↓

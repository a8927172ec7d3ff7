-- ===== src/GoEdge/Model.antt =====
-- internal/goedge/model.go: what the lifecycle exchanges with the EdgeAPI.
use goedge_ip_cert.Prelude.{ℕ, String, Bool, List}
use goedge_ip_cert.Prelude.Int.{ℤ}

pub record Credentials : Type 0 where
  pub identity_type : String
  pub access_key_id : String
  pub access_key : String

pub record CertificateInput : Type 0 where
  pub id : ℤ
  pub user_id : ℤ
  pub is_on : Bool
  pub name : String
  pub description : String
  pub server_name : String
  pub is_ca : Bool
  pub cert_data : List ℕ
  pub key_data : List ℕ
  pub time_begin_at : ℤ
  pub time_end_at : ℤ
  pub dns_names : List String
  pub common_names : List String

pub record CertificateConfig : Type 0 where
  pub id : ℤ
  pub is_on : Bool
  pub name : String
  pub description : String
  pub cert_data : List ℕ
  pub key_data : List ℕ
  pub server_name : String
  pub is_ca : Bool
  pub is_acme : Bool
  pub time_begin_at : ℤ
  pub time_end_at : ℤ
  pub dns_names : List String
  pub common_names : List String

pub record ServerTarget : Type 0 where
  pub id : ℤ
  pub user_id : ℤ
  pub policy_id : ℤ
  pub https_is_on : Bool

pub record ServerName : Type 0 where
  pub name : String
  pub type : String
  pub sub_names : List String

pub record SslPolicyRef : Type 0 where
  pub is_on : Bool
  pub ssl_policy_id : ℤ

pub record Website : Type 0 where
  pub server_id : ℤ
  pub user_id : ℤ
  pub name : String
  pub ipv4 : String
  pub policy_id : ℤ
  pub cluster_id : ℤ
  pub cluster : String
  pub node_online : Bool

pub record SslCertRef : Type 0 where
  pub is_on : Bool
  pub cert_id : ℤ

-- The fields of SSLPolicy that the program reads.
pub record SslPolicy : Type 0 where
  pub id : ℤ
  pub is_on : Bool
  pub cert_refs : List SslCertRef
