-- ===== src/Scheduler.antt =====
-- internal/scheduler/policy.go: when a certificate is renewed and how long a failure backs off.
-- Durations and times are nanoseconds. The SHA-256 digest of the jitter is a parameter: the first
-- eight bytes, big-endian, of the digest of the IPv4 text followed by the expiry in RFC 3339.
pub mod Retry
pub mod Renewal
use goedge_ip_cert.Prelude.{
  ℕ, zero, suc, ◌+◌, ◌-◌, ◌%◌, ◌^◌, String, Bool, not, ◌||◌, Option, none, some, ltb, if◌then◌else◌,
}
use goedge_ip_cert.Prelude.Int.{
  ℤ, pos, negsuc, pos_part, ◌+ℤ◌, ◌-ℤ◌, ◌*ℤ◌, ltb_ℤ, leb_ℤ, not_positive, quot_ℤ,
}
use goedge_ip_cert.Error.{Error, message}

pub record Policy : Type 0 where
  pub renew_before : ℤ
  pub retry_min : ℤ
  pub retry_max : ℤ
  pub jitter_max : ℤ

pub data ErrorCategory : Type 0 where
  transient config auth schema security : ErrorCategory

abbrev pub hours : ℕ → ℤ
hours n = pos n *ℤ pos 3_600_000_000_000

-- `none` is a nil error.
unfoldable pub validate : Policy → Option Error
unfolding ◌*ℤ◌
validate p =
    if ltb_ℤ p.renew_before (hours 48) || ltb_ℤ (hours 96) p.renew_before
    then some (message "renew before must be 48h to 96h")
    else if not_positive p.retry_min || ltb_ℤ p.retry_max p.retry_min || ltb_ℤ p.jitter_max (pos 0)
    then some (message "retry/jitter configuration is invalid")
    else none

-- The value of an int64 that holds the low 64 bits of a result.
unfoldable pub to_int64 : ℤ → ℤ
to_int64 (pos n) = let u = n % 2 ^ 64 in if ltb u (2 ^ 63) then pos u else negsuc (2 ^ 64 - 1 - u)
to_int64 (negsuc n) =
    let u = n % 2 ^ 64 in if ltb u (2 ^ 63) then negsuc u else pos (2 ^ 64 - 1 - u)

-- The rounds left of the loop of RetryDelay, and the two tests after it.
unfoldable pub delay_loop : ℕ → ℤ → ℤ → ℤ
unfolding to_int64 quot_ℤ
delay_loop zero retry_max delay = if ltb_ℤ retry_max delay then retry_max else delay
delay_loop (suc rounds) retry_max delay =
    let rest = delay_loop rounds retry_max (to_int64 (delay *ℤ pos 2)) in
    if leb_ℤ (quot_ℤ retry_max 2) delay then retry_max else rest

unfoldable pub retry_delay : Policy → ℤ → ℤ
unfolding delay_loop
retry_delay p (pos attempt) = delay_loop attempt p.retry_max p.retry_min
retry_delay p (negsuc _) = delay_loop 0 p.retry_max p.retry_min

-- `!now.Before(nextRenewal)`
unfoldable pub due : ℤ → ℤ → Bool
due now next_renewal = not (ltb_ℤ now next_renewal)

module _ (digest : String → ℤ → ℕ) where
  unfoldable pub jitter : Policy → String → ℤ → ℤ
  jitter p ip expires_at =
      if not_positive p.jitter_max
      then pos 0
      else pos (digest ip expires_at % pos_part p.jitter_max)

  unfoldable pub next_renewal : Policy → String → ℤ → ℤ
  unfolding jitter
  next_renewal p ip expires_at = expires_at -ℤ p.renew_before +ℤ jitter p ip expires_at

↑

> **Exercise brief**: Return each line of the material in which the string "none" can be found.

> **The completed task**:
  ℕ, zero, suc, ◌+◌, ◌-◌, ◌%◌, ◌^◌, String, Bool, not, ◌||◌, Option, none, some, ltb, if◌then◌else◌,
-- `none` is a nil error.
    else none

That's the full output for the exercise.